Figure 1. Production of γ-lactones from safflower oil by lipase and whole cells of S. nitritireducens and C. boidinii via fatty acids and hydroxy fatty acids.

Figure 2. Gas chromatograms of 10-hydroxy-12(Z)-octadecenoic acid, γ-dodecelactone, and γ-dodecalactone. The reaction of whole C. boidinii cells was performed in 50 mM citrate/phosphate buffer (pH 5.5) containing 3.4 g/L yeast nitrogen base, 5 g/L 10hydroxy-12(Z)-octadecenoic acid, 30 g/L cells, and 0.05 % (w/v) Tween 80 at 25 °C with agitation of 200 rpm. (1) Gas chromatogram of 10-hydroxy-12(Z)-octadecenoic acid standard. The retention time of 10-hydroxy-12(Z)-octadecenoic acid was 21.1 min. (2) Gas chromatogram of γ-dodecelactone standard. The retention time of γdodecelactone was 6.1 min. (3) Gas chromatogram of γ-dodecalactone standard. The retention time of γ-dodecalactone was 6.7 min. (4) Gas chromatogram of the reaction solution at 3 h. (5) Gas chromatogram of the reaction solution at 6 h.

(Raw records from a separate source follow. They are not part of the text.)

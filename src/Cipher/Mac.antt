-- ===== src/Cipher/Mac.antt =====
-- src/aescmac.cc: `AES_CMAC` against RFC 4493, which defines it on the list of the blocks.
use wmbm_16brandnew.Prelude.{
  ℕ, zero, suc, ◌+◌, ◌-◌, ◌*◌, ◌/◌, ◌%◌, ◌≤◌, ◌<◌, ◌≡◌, refl, ap, sym, ◌∙◌, inl, inr, true, false,
  List, [], ◌∷◌, ◌++◌, Bytes, All, length, if◌then◌else◌, Bool-cases, arith, replicate, get_or,
  length-append, ◌==◌, ==_iff, ltb, take_all, take-append_exact, concat, drop-append_exact,
}
use mathlib.Core.List.{append_assoc}
use wmbm_16brandnew.Frame.FormatA.{byte_at-append_first}
use wmbm_16brandnew.Cipher.Ctr.{IsBlockCipher}
use wmbm_16brandnew.Cipher.Subkeys.{xor_blocks, xorit_lem, key_one, key_two, generate_subkeys_lem}
use wmbm_16brandnew.Cipher.{pad_loop, pad, mac_loop, last_block, aes_cmac}

-- A block of 16 bytes
abbrev pub IsBlock : Bytes → Type 0
IsBlock b = length b ≡ 16

-- What is behind the bytes of a last block that is not full: a byte 0x80, and zeroes.
abbrev pub padded : Bytes → Bytes
padded b = b ++ (0x80 ∷ replicate (15 - length b) 0)

module _ (ecb : Bytes → Bytes → Bytes) (key : Bytes) where
  -- The chaining of the blocks, from the block `x` on.
  abbrev pub chain : Bytes → List Bytes → Bytes
  chain x [] = x
  chain x (b ∷ bs) = chain (ecb (xor_blocks x b) key) bs

  -- RFC 4493: the first subkey seals a last block that is full, and the second one a padded block.
  abbrev pub sealed_last : Bytes → Bytes
  sealed_last b =
      if length b == 16
      then xor_blocks b (key_one ecb key)
      else xor_blocks (padded b) (key_two ecb key)

  mac_loop-concat :
      (bs : List Bytes) (x last : Bytes)
      → All IsBlock bs
      → mac_loop ecb (length bs) key x (concat bs ++ last) ≡ (chain x bs, last)
  unfolding mac_loop
  mac_loop-concat [] x last h = refl
  mac_loop-concat (b ∷ bs) x last h =
      rw
        (
          append_assoc b (concat bs) last,
          take-append_exact 16 b (concat bs ++ last) h.0,
          drop-append_exact 16 b (concat bs ++ last) h.0,
          mac_loop,
          xorit_lem x b,
        )
        (mac_loop-concat bs (ecb (xor_blocks x b) key) last h.1)

  length-concat : (bs : List Bytes) → All IsBlock bs → length (concat bs) ≡ length bs * 16
  length-concat [] h = refl
  length-concat (b ∷ bs) h = omega (arith, length-append b (concat bs), length-concat bs h.1, h.0)

pad_loop-zeroes :
    (left i : ℕ) (input : Bytes) (len : ℕ) → len < i → pad_loop left i input len ≡ replicate left 0
unfolding pad_loop
pad_loop-zeroes zero i input len h = refl
pad_loop-zeroes (suc left) i input len h =
    let below : ltb i len ≡ false = ground arith in
    let other : (i == len) ≡ false = ground arith in
    rw (below, other, pad_loop-zeroes left (i + 1) input len (omega arith)) refl

-- From the byte `i` on, of which `b` is left.
pad_loop-padded :
    (a b input : Bytes) (left i len : ℕ)
    → length a ≡ i
    → i + length b ≡ len
    → input ≡ a ++ b
    → length b < left
    → pad_loop left i input len ≡ b ++ (0x80 ∷ replicate (left - 1 - length b) 0)
unfolding pad_loop
pad_loop-padded a b input zero i len h k e short = absurd (omega arith)
pad_loop-padded a [] input (suc left) i len h k e short =
    let below : ltb i len ≡ false = ground arith in
    let same : (i == len) ≡ true = ground arith in
    rw (below, same, pad_loop-zeroes left (i + 1) input len (omega arith))
      (ap (λ n. 0x80 ∷ replicate n 0) {x = left} {y = suc left - 1 - 0} (omega arith))
pad_loop-padded a (x ∷ b) input (suc left) i len h k e short =
    let below : ltb i len ≡ true = ground arith in
    let byte : get_or input i 0 ≡ x = rw (e, ← h) (byte_at-append_first a x b) in
    let tail =
      pad_loop-padded (a ++ x ∷ []) b input left (i + 1) len
        (omega (arith, length-append a (x ∷ []), h)) (omega arith)
        (e ∙ sym (append_assoc a (x ∷ []) b)) (omega arith) in
    let zeroes : replicate (left - 1 - length b) 0 ≡ replicate (suc left - 1 - suc (length b)) 0 =
      ap (λ n. replicate n 0) {x = left - 1 - length b} {y = suc left - 1 - suc (length b)}
        (omega arith) in
    rw (below, byte, tail) (ap (λ t. x ∷ (b ++ 0x80 ∷ t)) zeroes)

pad-padded : (b : Bytes) → length b < 16 → pad b (length b) ≡ padded b
unfolding pad
pad-padded b h = pad_loop-padded [] b b 16 0 (length b) refl (omega arith) refl h

module _ (ecb : Bytes → Bytes → Bytes) (cipher : IsBlockCipher ecb) (key : Bytes) where
  last_block-sealed_last :
      (b : Bytes)
      → 0 < length b
      → length b ≤ 16
      → last_block ecb key (length b % 16 == 0) b ≡ sealed_last ecb key b
  unfolding last_block
  last_block-sealed_last b h k =
      let keys = generate_subkeys_lem ecb key cipher in
      elim (Bool-cases (length b == 16)) [
        | inl full ↦
            let e : length b ≡ 16 = (==_iff (length b) 16).0 full in
            let multiple : (length b % 16 == 0) ≡ true = ground (arith, e) in
            rw (multiple, full, take_all 16 b k, keys) (xorit_lem b (key_one ecb key))
        | inr shorter ↦
            let small : length b < 16 = ground (arith, shorter, k) in
            let multiple : (length b % 16 == 0) ≡ false = ground (arith, small, h) in
            let rest : length b % 16 ≡ length b = omega (arith, small) in
            rw (multiple, shorter, rest, pad-padded b small, keys)
              (xorit_lem (padded b) (key_two ecb key))
      ]

  -- For every block cipher with blocks of 16 bytes, `AES_CMAC` of a message that is cut into full
  -- blocks and a last one, of 1 to 16 bytes, is the code that RFC 4493 defines: the blocks are
  -- chained from zeroes on, and the last one, with the first subkey added if it is full, and with its
  -- padding and the second one added if it is not, is chained behind them. The subkeys are the
  -- encrypted block of zeroes, doubled once and twice as a number of 128 bits, where 0x87 is added for
  -- a top bit that goes.
  pub aes_cmac_lem :
      (bs : List Bytes) (last : Bytes)
      → All IsBlock bs
      → 0 < length last
      → length last ≤ 16
      → aes_cmac ecb key (concat bs ++ last)
        ≡ ecb (xor_blocks (chain ecb key (replicate 16 0) bs) (sealed_last ecb key last)) key
  unfolding aes_cmac
  aes_cmac_lem bs last blocks h k =
      let len = length (concat bs ++ last) in
      let total : len ≡ length bs * 16 + length last =
        omega (arith, length-append (concat bs) last, length-concat ecb key bs blocks) in
      let counted : ((len + 15) / 16 == 0) ≡ false = ground (arith, total, h) in
      let rounds : (len + 15) / 16 - 1 ≡ length bs = omega (arith, total, h, k) in
      let multiple : (len % 16 == 0) ≡ (length last % 16 == 0) =
        ap (λ n. n == 0) (omega (arith, total)) in
      rw
        (
          counted,
          rounds,
          multiple,
          mac_loop-concat ecb key bs (replicate 16 0) last blocks,
          last_block-sealed_last last h k,
        )
        (ap (λ v. ecb v key) (xorit_lem _ (sealed_last ecb key last)))

  -- The empty message is one block of padding.
  pub aes_cmac-nil :
      aes_cmac ecb key [] ≡ ecb (xor_blocks (replicate 16 0) (sealed_last ecb key [])) key
  unfolding aes_cmac mac_loop last_block
  aes_cmac-nil =
      rw
        (
          pad-padded [] (omega arith),
          generate_subkeys_lem ecb key cipher,
          xorit_lem (padded []) (key_two ecb key),
        )
        (ap (λ v. ecb v key) (xorit_lem (replicate 16 0) (sealed_last ecb key [])))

Figure 3. γ-Dodecelactone production from 10-hydroxy-12(Z)-octadecenoic acid by whole cells of the yeast strains. The reactions were performed in 50 mM citrate/phosphate buffer (pH 5.5) containing 3.4 g/L yeast nitrogen base, 5 g/L cells, 0.5 g/L 10-hydroxy-12(Z)-octadecenoic acid, and 0.05 % (w/v) Tween 80 at 25 °C with agitation at 200 rpm for 3 h. The data represent the means of 3 separate experiments, and error bars represent the standard deviation.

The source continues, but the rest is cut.